Outer Joins • SELECT columns FROM Table1 LEFT JOIN Table2 ON equality_test [WHERE|GROUP BY|etc.] • Example: • mysql> SELECT Donor.name, Donation.donationid FROM Donor LEFT JOIN Donation ON Donor.donorid = Donation.donorid;
Outer Joins • An outer join will Null fill any columns from Table2 where the ON statement doesn’t match. • (1, “Bob”, “123 St.”, 8, 50.00, 1) • (2, “Sue”, “456 Pl.”, 19, 175.00, 2) • (3, “Joe”, “789 Rd.”, NULL, NULL, NULL) • If a tuple from Table1 can be joined with any tuple from Table2, it will not be Null filled.
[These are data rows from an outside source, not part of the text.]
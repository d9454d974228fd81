-- ===== src/Pool/Messages.antt =====
-- worker_pool.go, validateHandlerType, validateMiddlewareType and instructiveMessage: the text of the
-- panic over a function that is no handler, or no middleware. The names that package reflect gives to
-- the context's type and to the function's are arguments.
use work.Prelude.{ℕ, ◌==◌, List, [], ◌∷◌, ◌++◌, Option, none, some, replicate, if◌then◌else◌}
use work.Text.{Text, text}
use work.Pool.{FnType, is_valid_handler_type, is_valid_middleware_type}

-- The parts of a name between its dots.
abbrev onto_part : ℕ → List Text → List Text
onto_part c [] = (c ∷ []) ∷ []
onto_part c (x ∷ xs) = (c ∷ x) ∷ xs

unfoldable pub split_dots : Text → List Text
split_dots [] = [] ∷ []
split_dots (c ∷ t) = let rest = split_dots t in if c == b'.' then [] ∷ rest else onto_part c rest

-- The type's name without its package.
unfoldable pub context_name : List Text → Text
context_name [] = []
context_name (x ∷ []) = x
context_name (x ∷ y ∷ xs) = y

abbrev concat : List Text → Text
concat [] = []
concat (t ∷ ts) = t ++ concat ts

abbrev new_line : Text
new_line = b'\n' ∷ []

abbrev rule : Text
rule = replicate 120 b'*' ++ new_line

-- A line of the message, from its parts.
abbrev line : List Text → Text
line ts = text "* " ++ (concat ts ++ new_line)

abbrev blank : Text
blank = text "*" ++ new_line

unfoldable pub instructive_message : Text → Text → Text → Text → Text → Text
unfolding split_dots context_name
instructive_message fn_string adding_type your_type args ctx_string =
    let ctx = context_name (split_dots ctx_string) in
    let adding =
      text "You are adding "
      ∷ adding_type
      ∷ text " to a worker pool with context type '"
      ∷ ctx
      ∷ text "'"
      ∷ [] in
    let yours =
      text "Your " ∷ your_type ∷ text " function can have one of these signatures:" ∷ [] in
    let plain = text "func YourFunctionName(" ∷ args ∷ text ") error" ∷ [] in
    let wanted = text "// If you want your " ∷ your_type ∷ text " to accept a context:" ∷ [] in
    let method =
      text "func (c *" ∷ ctx ∷ text ") YourFunctionName(" ∷ args ∷ text ") error  // or," ∷ [] in
    let function =
      text "func YourFunctionName(c *" ∷ ctx ∷ text ", " ∷ args ∷ text ") error" ∷ [] in
    let actual = text "Unfortunately, your function has this signature: " ∷ fn_string ∷ [] in
    concat (
      new_line
      ∷ rule
      ∷ line adding
      ∷ blank
      ∷ blank
      ∷ line yours
      ∷ blank
      ∷ line (text "// If you don't need context:" ∷ [])
      ∷ line plain
      ∷ blank
      ∷ line wanted
      ∷ line method
      ∷ line function
      ∷ blank
      ∷ line actual
      ∷ blank
      ∷ rule
      ∷ [])

-- The panic's text, if the function is refused; `ctx` is the context's type.
unfoldable pub validate_handler_type : Text → Text → FnType → Option Text
unfolding is_valid_handler_type instructive_message
validate_handler_type ctx fn_string f =
    if is_valid_handler_type ctx f
    then none
    else some (
        instructive_message fn_string (text "a handler") (text "handler") (text "job *work.Job")
          ctx)

unfoldable pub validate_middleware_type : Text → Text → FnType → Option Text
unfolding is_valid_middleware_type instructive_message
validate_middleware_type ctx fn_string f =
    if is_valid_middleware_type ctx f
    then none
    else some (
        instructive_message fn_string (text "middleware") (text "middleware")
          (text "job *work.Job, next NextMiddlewareFunc") ctx)
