-- ===== src/Requeuer.antt =====
-- requeuer.go: the retrier and the scheduler move the jobs that are due to their queues.
pub mod Drain
pub mod Nameless
pub mod Due
pub mod Arrival
use work.Prelude.{ℕ, zero, suc, Bool, true, false, List, map, Option, none, some}
use work.Text.{Text}
use work.Keys
use work.Redis.{Redis, Store, Key}
use work.Conn.{World, Result, ok, err, M, call}
use work.Scripts.Requeue.{Reply, nil, dead, script_error, zrem_lpush}
use work.Scripts.Requeue

pub record Requeuer : Type 0 where
  pub namespace : Text
  pub requeue_key : Key
  pub job_names : List Text

unfoldable pub new_requeuer : Text → Key → List Text → Requeuer
new_requeuer namespace key job_names = record {
  namespace = namespace;
  requeue_key = key;
  job_names = job_names;
}

-- The reply tells whether a job was moved; an error is logged.
unfoldable pub moved : Result Reply × World → Bool × World
moved (ok Reply.nil, w) = (false, w)
moved (ok Reply.ok, w) = (true, w)
moved (ok Reply.dead, w) = (true, w)
moved (ok Reply.script_error, w) = (false, w)
moved (err e, w) = (false, w)

module _ (redis : Redis) (r : Requeuer) where
  -- The script with the arguments that newRequeuer lays out, at the time `now`.
  unfoldable pub run_script : ℕ → Store → Reply × Store
  run_script now s =
      zrem_lpush redis r.requeue_key (Keys.dead r.namespace)
        (map (Keys.jobs r.namespace) r.job_names) (Keys.jobs_prefix r.namespace) now s

  unfoldable pub process : ℕ → World → Bool × World
  unfolding run_script moved
  process now w = moved (call (run_script now) w)

  -- `for r.process() {}`, the i-th call from the end at the time clock i; `none` is out of fuel.
  unfoldable pub process_all : (ℕ → ℕ) → ℕ → World → Option World
  unfolding process
  process_all clock zero w = none
  process_all clock (suc i) w =
      let again = λ (v : World). process_all clock i v in
      let (more, v) = process (clock i) w in
      let rest = again v in elim more [ true ↦ rest | false ↦ some v ]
Outer Joins • What if we want to know which Donors have not made any Donations? • mysql> SELECT Donor.name, Donation.amount FROM Donor LEFT JOIN Donation ON Donor.donorid = Donation.donorid WHERE Donation.amount IS NULL;
A Lot of Typing • SELECT Donor.name, SUM(Donation.amount), Processor.name FROM Donor LEFT JOIN Donation ON Donor.donorid = Donation.donorid LEFT JOIN Processor ON Donation.processorid = Processor.processorid GROUP BY Donor.donorid
Less Typing with Aliases • You can give your Tables nicknames: • SELECT Dr.name, SUM(Dn.amount), P.name FROM Donor AS Dr LEFT JOIN Donation AS Dn ON Dr.donorid = Dn.donorid LEFT JOIN Processor AS P ON Dn.processorid = P.processorid GROUP BY Dr.donorid
Renaming Output • You can give your selected columns nicknames too • SELECT Donor.name, SUM(Donation.amount) AS total, Processor.name FROM Donor LEFT JOIN Donation ON Donor.donorid = Donation.donorid LEFT JOIN ON Processor ON Donation.processorid = Processor.processorid GROUP BY Donor.donorid ORDER BY total • You can’t always use aggregate functions in your ORDER BY, and you can’t always use them in your HAVING clause
Joining to Other Databases • Sometimes you may want to share a database with other databases • Example: You have a “Users” database that is shared between two applications, each of which has its own database. • SELECT C.name, CN.nickname FROM Users.Customer AS C, CustomerNickname AS CN WHERE C.customerid = CN.customerid;
SQL Functions • MySQL provides a lot of functions to munge the results of a query • Example, returning a date • SELECT date FROM Donation WHERE donationid=1; • 2004-10-14 15:52:08 • Not very “pretty” for a user to see
SQL Functions • Use the FORMAT_DATE() function instead! • SELECT FORMAT_DATE(date, “%m/%d/%y”) FROM Donation WHERE donationid=1; • 10/13/04 • Prettier! • SELECT FORMAT_DATE(date, “%M %D, %Y”) FROM Donation WHERE donationid=1; • October 13th, 2004
Example using functions • Return a nicely formatted list of donation dates made in the last 10 days • mysql> SELECT DATE_FORMAT(date, ‘%m/%d/%Y’) FROM Donation WHERE date > DATE_SUB(NOW(), INTERVAL 10 DAY);
Practice: Joining Tables mysql> SOURCE non-profit.sql • Who Processed the most Donations? • Which Donors have made no Donations? • Which Division received the most money? • Which Donor gave the most to Healthcare?